Darwin 0.3 however was pressed onto CD-ROM, and distributed out to the masses. It took me a short while to get a tip to a hidden server that had a copy, which really was a massive breakthrough as it had a far more complete set of files than the 0.1 ftp dump. However at the same time there are files in the 0.1 dump that are not in the 0.3. Was there ever a 0.2? I have no idea, the mailing lists don’t seem to have been preserved so I really don’t know. Does anyone have any other ftp site archives? Not to my knowledge but I’d be more than happy to be wrong.

With a working Perl the next thing to do is to patch the buildtools & dpkg to not be PowerPC centric. It’s no secret that all the official effort going on was to get OpenSTEP up and running on Apple PowerPC’s and to transition away from OPENSTEP to Rhapsody, the MacOS 8 Platinum feeling type OS, where everyone was going to love the ‘Coca’ API, and dump the old MacOS stuff or be forced to run it in the ‘BlueBox’ MacOS 8 emulator. Obviously this future didn’t happen as developers were not interested in rewriting for Steve’s decade+ fever dream of a Unix for the ‘rest of us’, instead they wanted their existing software to ‘just work’ and the Carbon API had to be created, along with a drastically different and modern looking OS X.

-    $flags->{'RC_CFLAGS'} = '-arch i386 -arch ppc ' . &liststring (@cflags);
-    $flags->{'RC_ARCHS'} = 'i386 ppc';
+    $flags->{'RC_CFLAGS'} = '-arch i386 ' . &liststring (@cflags);
+    $flags->{'RC_ARCHS'} = 'i386';

Frequently in the build tools it’s a matter of looking for ppc/powerpc and replacing them with i386. It’s really no surprise that Darwin always built on intel, and it had to, as it’s life depended on it.
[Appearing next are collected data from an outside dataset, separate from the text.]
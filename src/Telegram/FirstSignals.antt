-- ===== src/Telegram/FirstSignals.antt =====
-- apps/worker/src/modules/telegram-first-signal.ts: the transaction of `queueTelegramFirstSignals`, for one
-- chat. `ids` are the listings that may be sent, in their order and each once; what the database knows
-- of other bundles, the texts and the digests of bundle ids are arguments. Times are milliseconds.
use auto_monitor_bot.Base.{
  ℕ, suc, Bool, true, false, not, ◌&&◌, ◌||◌, List, [], ◌∷◌, ◌++◌, Option, none, some,
  if◌then◌else◌, is_some, any, filter, find, map, str_eq,
}
use Prim.Native.String.{String}
use auto_monitor_bot.Telegram.Policy.{CardStatus, flash_pending, pending, permanent, quarantined}
use auto_monitor_bot.Telegram.Card.{is_in_flight, is_closed, is_later}
use auto_monitor_bot.Delivery.Burst.{split_first_signal_listings}

-- A receipt of the chat. The id of a message is never empty, so only its presence is kept.
pub record Receipt : Type 0 where
  pub listing_id : String
  pub status : CardStatus
  pub has_message : Bool
  pub accepted_at : Option ℕ
  pub next_attempt_at : Option ℕ
  pub flash_bundle_id : Option String

-- What the transaction hands on: the receipts, the bundles to queue, and the listings whose details are
-- to be sent.
pub record Admitted : Type 0 where
  pub receipts : List Receipt
  pub bundles : List String
  pub details : List String

abbrev pub has : List String → String → Bool
has texts t = any (λ x. str_eq x t) texts

abbrev pub receipt_of : List Receipt → String → Option Receipt
receipt_of receipts id = find (λ r. str_eq r.listing_id id) receipts

abbrev pub new_receipt : String → Receipt
new_receipt id = record {
  listing_id = id;
  status = pending;
  has_message = false;
  accepted_at = none;
  next_attempt_at = none;
  flash_bundle_id = none;
}

-- `createMany` with `skipDuplicates`.
unfoldable pub create_missing : List String → List Receipt → List Receipt
create_missing [] receipts = receipts
create_missing (id ∷ ids) receipts =
    create_missing ids
      (if is_some (receipt_of receipts id) then receipts else receipts ++ new_receipt id ∷ [])

-- What the loop makes of a listing.
pub data Admission : Type 0 where
  closed details waits fresh : Admission
  bundled : String → Admission

abbrev pub is_dead : CardStatus → Bool
is_dead permanent = true
is_dead quarantined = true
is_dead _ = false

abbrev pub bundle_admission : (String → Option CardStatus) → Option String → Admission
bundle_admission bundle_status none = fresh
bundle_admission bundle_status (some b) = elim (bundle_status b) [
  | none ↦ fresh
  | some status ↦ if is_dead status then waits else bundled b
]

-- The checks of the loop, in their order.
unfoldable pub admission : ℕ → (String → Option CardStatus) → Option Receipt → Admission
admission now bundle_status none = fresh
admission now bundle_status (some r) =
    if r.has_message || is_closed r.status
    then closed
    else if is_some r.accepted_at
    then details
    else if is_in_flight r.status
    then waits
    else if is_later now r.next_attempt_at
    then waits
    else bundle_admission bundle_status r.flash_bundle_id

abbrev pub is_fresh : Admission → Bool
is_fresh fresh = true
is_fresh _ = false

abbrev pub is_details : Admission → Bool
is_details details = true
is_details _ = false

abbrev pub add : List String → String → List String
add texts t = if has texts t then texts else texts ++ t ∷ []

abbrev pub with_bundle : Admission → List String → List String
with_bundle (bundled b) bundles = add bundles b
with_bundle _ bundles = bundles

-- The bundles that the receipts name already.
unfoldable pub known_bundles : (String → Admission) → List String → List String → List String
known_bundles admitted [] bundles = bundles
known_bundles admitted (id ∷ ids) bundles =
    known_bundles admitted ids (with_bundle (admitted id) bundles)

-- The update of the receipts of a group.
unfoldable pub bundle_receipts : List String → String → List Receipt → List Receipt
bundle_receipts group b receipts =
    map
      (λ r.
        if has group r.listing_id && not r.has_message && not (is_some r.accepted_at)
        then record r { status = flash_pending; flash_bundle_id = some b }
        else r)
      receipts

-- The loop over the groups.
unfoldable pub bundle_groups :
    (ℕ → List String → String)
    → ℕ
    → List (List String)
    → List Receipt
    → List String
    → List Receipt × List String
bundle_groups bundle_id index [] receipts bundles = (receipts, bundles)
bundle_groups bundle_id index (group ∷ groups) receipts bundles =
    let b = bundle_id index group in
    bundle_groups bundle_id (suc index) groups (bundle_receipts group b receipts) (add bundles b)

abbrev pub admitted_as :
    ℕ → (String → Option CardStatus) → List String → List Receipt → String → Admission
admitted_as now bundle_status ids receipts id =
    admission now bundle_status (receipt_of (create_missing ids receipts) id)

-- The transaction for one chat; it is given up where a text cannot be built.
unfoldable pub admit_chat :
    (List String → Bool)
    → ℕ
    → (ℕ → List String → String)
    → (String → Option CardStatus)
    → ℕ
    → List String
    → List Receipt
    → List String
    → Option Admitted
admit_chat renders max_items bundle_id bundle_status now ids receipts bundles =
    let created = create_missing ids receipts in
    let admitted = admitted_as now bundle_status ids receipts in
    let known = known_bundles admitted ids bundles in
    elim (split_first_signal_listings renders (filter (λ id. is_fresh (admitted id)) ids)
      max_items) [
        | none ↦ none
        | some groups ↦
            let out = bundle_groups bundle_id 0 groups created known in
            some (record {
              receipts = out.0;
              bundles = out.1;
              details = filter (λ id. is_details (admitted id)) ids;
            })
      ]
Back when NeXT hit their first real big stumbling blocks of being a vertical platform is that they just couldn’t compete in the hardware space. But dumping the 68k based black boxes, they could now take their software and port it to the much more coveted RISC platforms, and shipping with NeXTSTEP 3.3 they supported both SPARC & HPPA. There had always been talks of further platforms like MIPS or DEC Alpha, but these never materialized, much like the i860 which had been relegated to a simple Postscript co-processor.

Anyways.. Keeping with yesterday’s setup, and of course the .darwin-builder-04-23-2024.iso CD-ROM with all the stuff we need, let’s DOIT!

phase 2 completed

With phase 3 completed we are now ready to build the rest of the system. I hope you are excited! As I’m sure hoping you kept the original disk layout from the prior setup, or I’ve totally trashed your system by now.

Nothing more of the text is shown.